Industry advocates in Fort McMurray did not mince words.
“We do not believe this budget is good for Fort McMurray,” said Keith Plowman, president of the Fort McMurray Construction Association (FMCA). “We are disappointed there was little or no mention of stimulus projects to encourage success or growth in the local construction industry. There was no plan of action to address the infrastructure deficit which currently sits at over $2 billion, nationally. Getting those projects moving will inject much needed stimulus into the economy and close the infrastructure deficit.”
The FMCA believes switching the home energy retrofit program from grants to loans will significantly reduce opportunities for small and medium contractors in the province.
“We’ve seen a number of local businesses, including FMCA members, close their doors during the pre-COVID recession and during the pandemic, and families living paycheque to paycheque,” said Plowman. “They can’t afford another cost.”
Plowman also was not convinced of how $101.4 billion in new spending over three years will fuel the economic recovery and start the transition to a green economy.
“Given this area has often been described as the economic engine of this country, there was little commitment to it, including the construction of an east-west pipeline which would stimulate the economy and bolster construction, both here and across the country,” said Plowman. “(Justin Trudeau’s) anti-oilsands stance was clear.”
On the West Coast, reception to the budget was warmer.
Metro Vancouver, a federation of 21 B.C. municipalities in the lower mainland, praised the budget for its focus on green infrastructure and inclusivity.
“The pandemic has exacerbated vulnerabilities in our systems and placed an unacceptable and disproportionate burden on those who can least afford it, including racialized people, youth, new Canadians and women,” said Sav Dhaliwal, chair of Metro Vancouver’s board of directors in a press release. “The Government of Canada has clearly signalled its commitment to addressing issues like climate change, social equity, reconciliation, affordable housing, and the environment as we work together to set our region up for success in the digital economy.”
Dhaliwal noted the budget will help support critical projects in the region, like the Iona Island Wastewater Treatment Plant, which will be built to replace an existing primary-level treatment plant in Richmond with a completion date of 2030.
The Independent Contractors and Businesses Association (ICBA) appreciated commitments to financially support employers who hire apprentices and people from underrepresented groups.
“That is a good and practical way to address what in B.C. is the biggest issue facing construction: a shortage of workers,” said ICBA president Chris Gardner, noting the coming decade will see 60,000 construction roles that need to be filled. “I think more needs to be done on the training file provincially and federally, but this is certainly a good announcement.”
Gardner also noted he was not surprised at the levels of spending and debt.
“We are still going through a global pandemic, the likes of which we have not seen in more than 100 years,” he said. “Every single economy has been rocked in a significant way and the world is all focused on economic recovery.

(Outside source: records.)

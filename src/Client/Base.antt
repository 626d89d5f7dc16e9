-- ===== src/Client/Base.antt =====
-- cpp/include/nsb_client.h and cpp/src/nsb_client.cc: `NSBClient`.
-- What travels over a channel is an argument: `answer` gives the bytes that `receiveMessage`
-- returns after `sendMessage` was called with the given bytes.
use nsb_beta.Base.{
  ℕ, Bool, true, false, Option, none, some, [], if◌then◌else◌, length, is_empty, Bytes, ℤ, to_int32,
}
use nsb_beta.Wire.{
  is_message, Operation, Originator, Nsbm, Codec, IntroDetails, OpCode, success, message, payload,
  msg_key, blank, ping, init, exit, intro, content_config, content_payload, content_msg_key, get_op,
  get_code, get_src_id, get_dest_id, get_payload_size, set_manifest, set_metadata,
}
use nsb_beta.Config.{Config, default_config, config_of_message, MessageEntry, blank_entry}
use nsb_beta.Outcome.{Outcome, ok, fault, null_pointer, exits, ◌>>=◌}
use nsb_beta.Client.Redis.{Redis, Connector, new_connector, store, check_out}

-- `Comms::Channel`
pub data Channel : Type 0 where
  ctrl send recv : Channel

-- A call of `sendMessage`.
abbrev pub Sent : Type 0
Sent = Channel × Bytes

-- `origin` and `db` are null pointers until they are set.
pub record Client : Type 0 where
  pub client_id : Bytes
  pub origin : Option Originator
  pub cfg : Config
  pub db : Option Connector

-- `NSBClient(identifier, ...)`, once the channels are connected.
abbrev pub new_client : Bytes → Client
new_client id = record { client_id = id; origin = none; cfg = default_config; db = none }

-- What `getsockname` says of a channel: the address and the port, or nothing if the call failed or
-- the address is not IPv4.
abbrev pub SockName : Type 0
SockName = Channel → Option (Bytes × ℤ)

abbrev port_of : Option (Bytes × ℤ) → Option ℤ
port_of none = none
port_of (some (a, p)) = some p

abbrev address_of : Option (Bytes × ℤ) → Option Bytes
address_of none = none
address_of (some (a, p)) = some a

unfoldable pub intro_details : Bytes → SockName → IntroDetails
intro_details id names = record {
  identifier = some id;
  address = address_of (names ctrl);
  ch_ctrl = port_of (names ctrl);
  ch_send = port_of (names send);
  ch_recv = port_of (names recv);
}

unfoldable pub init_request : Originator → Bytes → SockName → Nsbm
unfolding intro_details
init_request g id names = record (set_manifest init g success blank) {
  content = intro (intro_details id names);
}

abbrev pub is_init : Operation → Bool
is_init init = true
is_init _ = false

abbrev pub is_ping : Operation → Bool
is_ping ping = true
is_ping _ = false

abbrev pub is_success : OpCode → Bool
is_success success = true
is_success _ = false

-- `new RedisConnector(...)`: `online` says whether the server at the address answers. The connector
-- moves the address out of the configuration, which leaves an empty string there.
connect_db : (Bytes → ℤ → Bool) → Client → Outcome Client
connect_db online c =
    if c.cfg.use_db
    then (if online c.cfg.db_address c.cfg.db_port
        then ok (record c {
          cfg = record (c.cfg) { db_address = [] };
          db = some (new_connector c.client_id);
        })
        else fault exits)
    else ok c

-- What `initialize` makes of the response. The two numbers are what an unset field may hold.
unfoldable pub adopt : (Bytes → ℤ → Bool) → ℤ → ℤ → Nsbm → Client → Outcome Client
unfolding connect_db config_of_message
adopt online junk_port junk_num m c =
    if is_init (get_op m)
    then (if is_success (get_code m)
        then elim (content_config m.content) [
          | none ↦ ok c
          | some _ ↦ connect_db online (record c { cfg = config_of_message junk_port junk_num m })
        ]
        else fault exits)
    else ok c

module _ (codec : Codec) (answer : Sent → Bytes) where
  unfoldable pub initialize : SockName → (Bytes → ℤ → Bool) → ℤ → ℤ → Client → Outcome Client
  unfolding adopt init_request
  initialize names online junk_port junk_num c = elim c.origin [
    | none ↦ ok c
    | some g ↦
        let response = answer (ctrl, codec.serialize (init_request g c.client_id names)) in
        if is_empty response then ok c else adopt online junk_port junk_num (codec.parse response) c
  ]

  unfoldable pub ping_daemon : Client → Bool
  ping_daemon c = elim c.origin [
    | none ↦ false
    | some g ↦
        let response = answer (ctrl, codec.serialize (set_manifest ping g success blank)) in
        let m = codec.parse response in
        if is_empty response
        then false
        else if is_ping (get_op m)
        then is_success (get_code m)
        else false
  ]

-- `exit` does not test `originIndicator`.
unfoldable pub exit_daemon : Codec → Client → Outcome Sent
exit_daemon codec c = elim c.origin [
  | none ↦ fault null_pointer
  | some g ↦ ok (ctrl, codec.serialize (set_manifest exit g success blank))
]

-- The body that `NSBAppClient::send` and `NSBSimClient::post` share: the key of the payload, if
-- there is one, what goes to the SEND channel, and the connector and the database after it.
module _ (r : Redis) (codec : Codec) where
  unfoldable pub store_payload :
      ℕ → Bytes → Nsbm → Client → r.State → Outcome (Bytes × Nsbm × Client × r.State)
  store_payload now p m c s =
      if c.cfg.use_db
      then elim c.db [
        | none ↦ fault null_pointer
        | some db ↦
            let (key, db', s') = store r now p db s in
            ok (key, record m { content = msg_key key }, record c { db = some db' }, s')
      ]
      else ok ([], record m { content = payload p }, c, s)

  unfoldable pub submit :
      Operation
      → ℕ
      → Bytes
      → Bytes
      → Bytes
      → Client
      → r.State
      → Outcome (Bytes × Sent × Client × r.State)
  unfolding store_payload store
  submit op now src dest p c s = elim c.origin [
    | none ↦ fault null_pointer
    | some g ↦
        (store_payload now p
            (set_metadata src dest (to_int32 (length p)) (set_manifest op g message blank)) c s
          >>= λ (key, m, c', s'). ok (key, (send, codec.serialize m), c', s'))
  ]

  -- `cfg.USE_DB ? db->checkOut(msg_key) : payload`
  message_payload : Client → Nsbm → r.State → Outcome (Bytes × r.State)
  message_payload c m s =
      if c.cfg.use_db
      then elim c.db [
        | none ↦ fault null_pointer
        | some _ ↦ check_out r (content_msg_key m.content) s
      ]
      else ok (content_payload m.content, s)

  message_entry : Client → Nsbm → r.State → Outcome (MessageEntry × r.State)
  unfolding message_payload check_out
  message_entry c m s = do
    (p, s') ← message_payload c m s
    ok (
      record {
        source = get_src_id m;
        destination = get_dest_id m;
        payload_obj = p;
        payload_size = get_payload_size m;
      },
      s',
    )

  -- What `receive` and `fetch` make of a response, given the operations that they expect.
  unfoldable pub open_response :
      (Operation → Bool) → Bytes → Client → r.State → Outcome (MessageEntry × r.State)
  unfolding message_entry
  open_response expected response c s =
      if is_empty response
      then ok (blank_entry, s)
      else if expected (get_op (codec.parse response))
      then (if is_message (get_code (codec.parse response))
          then message_entry c (codec.parse response) s
          else ok (blank_entry, s))
      else ok (blank_entry, s)

-- `msgGetPayloadObj`
unfoldable pub payload_obj_of : Config → Nsbm → Bytes
payload_obj_of c m = if c.use_db then content_msg_key m.content else content_payload m.content

-- `msgSetPayloadObj` has the message by value: its own copy is set, and the caller's, which is the
-- second result, is as it was.
unfoldable pub set_own_payload_obj : Config → Bytes → Nsbm → Nsbm × Nsbm
set_own_payload_obj c p m = (record m { content = if c.use_db then msg_key p else payload p }, m)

It is not a surprise for the government to be supporting impacted parts of the population.”
British Columbia Construction Association president Chris Atchison echoed Gardner’s comments on the positive announcement regarding apprentices but did express concern with infrastructure funding.

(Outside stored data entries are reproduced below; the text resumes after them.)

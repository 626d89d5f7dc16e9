-- ===== src/Client/App.antt =====
-- cpp/src/nsb_client.cc and cpp/include/nsb_client.h: `NSBAppClient`.
-- `answer` gives what `receiveMessage` returns on the RECV channel within a timeout, after the
-- request was sent, if there is one.
use nsb_beta.Base.{ℕ, Bool, true, false, Option, none, some, Bytes, ℤ, pos}
use nsb_beta.Wire.{
  Operation, Codec, Nsbm, Originator, app_client, success, blank, pull, push, other_system_mode,
  SystemMode, set_manifest, set_dest_id,
}
use nsb_beta.Config.{MessageEntry, blank_entry}
use nsb_beta.Outcome.{Outcome, ok, fault, null_pointer}
use nsb_beta.Client.Redis.{Redis}
use nsb_beta.Client.Base.{
  recv, Sent, Client, new_client, SockName, initialize, submit, open_response,
}

-- `NSBAppClient(identifier, ...)`
unfoldable pub new_app_client :
    Codec → (Sent → Bytes) → SockName → (Bytes → ℤ → Bool) → ℤ → ℤ → Bytes → Outcome Client
unfolding initialize
new_app_client codec answer names online junk_port junk_num id =
    initialize codec answer names online junk_port junk_num
      (record (new_client id) { origin = some app_client })

-- `*destId`, or the client's own identifier.
abbrev pub destination_or_self : Option Bytes → Client → Bytes
destination_or_self none c = c.client_id
destination_or_self (some d) c = d

unfoldable pub receive_request : Originator → Bytes → Nsbm
receive_request g dest = set_dest_id dest (set_manifest Operation.receive g success blank)

abbrev pub is_receivable : Operation → Bool
is_receivable Operation.receive = true
is_receivable Operation.forward = true
is_receivable _ = false

module _ (r : Redis) (codec : Codec) where
  -- `send`
  unfoldable pub app_send :
      ℕ → Bytes → Bytes → Client → r.State → Outcome (Bytes × Sent × Client × r.State)
  unfolding submit
  app_send now dest p c s = submit r codec Operation.send now c.client_id dest p c s

  -- `receive(destId, timeout)`
  receive_in :
      (Option Sent → ℤ → Bytes)
      → SystemMode
      → Option Bytes
      → ℤ
      → Client
      → r.State
      → Outcome (MessageEntry × r.State)
  unfolding receive_request open_response
  receive_in answer pull dest timeout c s = elim c.origin [
    | none ↦ fault null_pointer
    | some g ↦
        open_response r codec is_receivable
          (answer (some (recv, codec.serialize (receive_request g (destination_or_self dest c))))
            timeout)
          c s
  ]
  receive_in answer push dest timeout c s =
      open_response r codec is_receivable (answer none timeout) c s
  receive_in answer (other_system_mode n) dest timeout c s =
      open_response r codec is_receivable (answer none timeout) c s

  unfoldable pub app_receive :
      (Option Sent → ℤ → Bytes)
      → Option Bytes
      → ℤ
      → Client
      → r.State
      → Outcome (MessageEntry × r.State)
  unfolding receive_in
  app_receive answer dest timeout c s = receive_in answer c.cfg.system_mode dest timeout c s

  -- `receive(timeout)`
  receive_any_in :
      (Option Sent → ℤ → Bytes)
      → SystemMode
      → ℤ
      → Client
      → r.State
      → Outcome (MessageEntry × r.State)
  unfolding app_receive
  receive_any_in answer pull timeout c s = app_receive answer none timeout c s
  receive_any_in answer push timeout c s = app_receive answer none (pos 0) c s
  receive_any_in answer (other_system_mode n) timeout c s = ok (blank_entry, s)

  unfoldable pub app_receive_any :
      (Option Sent → ℤ → Bytes) → ℤ → Client → r.State → Outcome (MessageEntry × r.State)
  unfolding receive_any_in
  app_receive_any answer timeout c s = receive_any_in answer c.cfg.system_mode timeout c s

“I would say that we’re somewhat disappointed that there isn’t more new infrastructure investment offered,” he wrote in an email to the Journal of Commerce. “However, we are glad to see more supports for apprentices and Red Seal training and job placement. All that said, without a clear and decisive move toward prompt payment legislation in B.C., the actual infrastructure budget here in B.C. is five per cent less than we think it is, and this is happening at a time when every dollar counts.”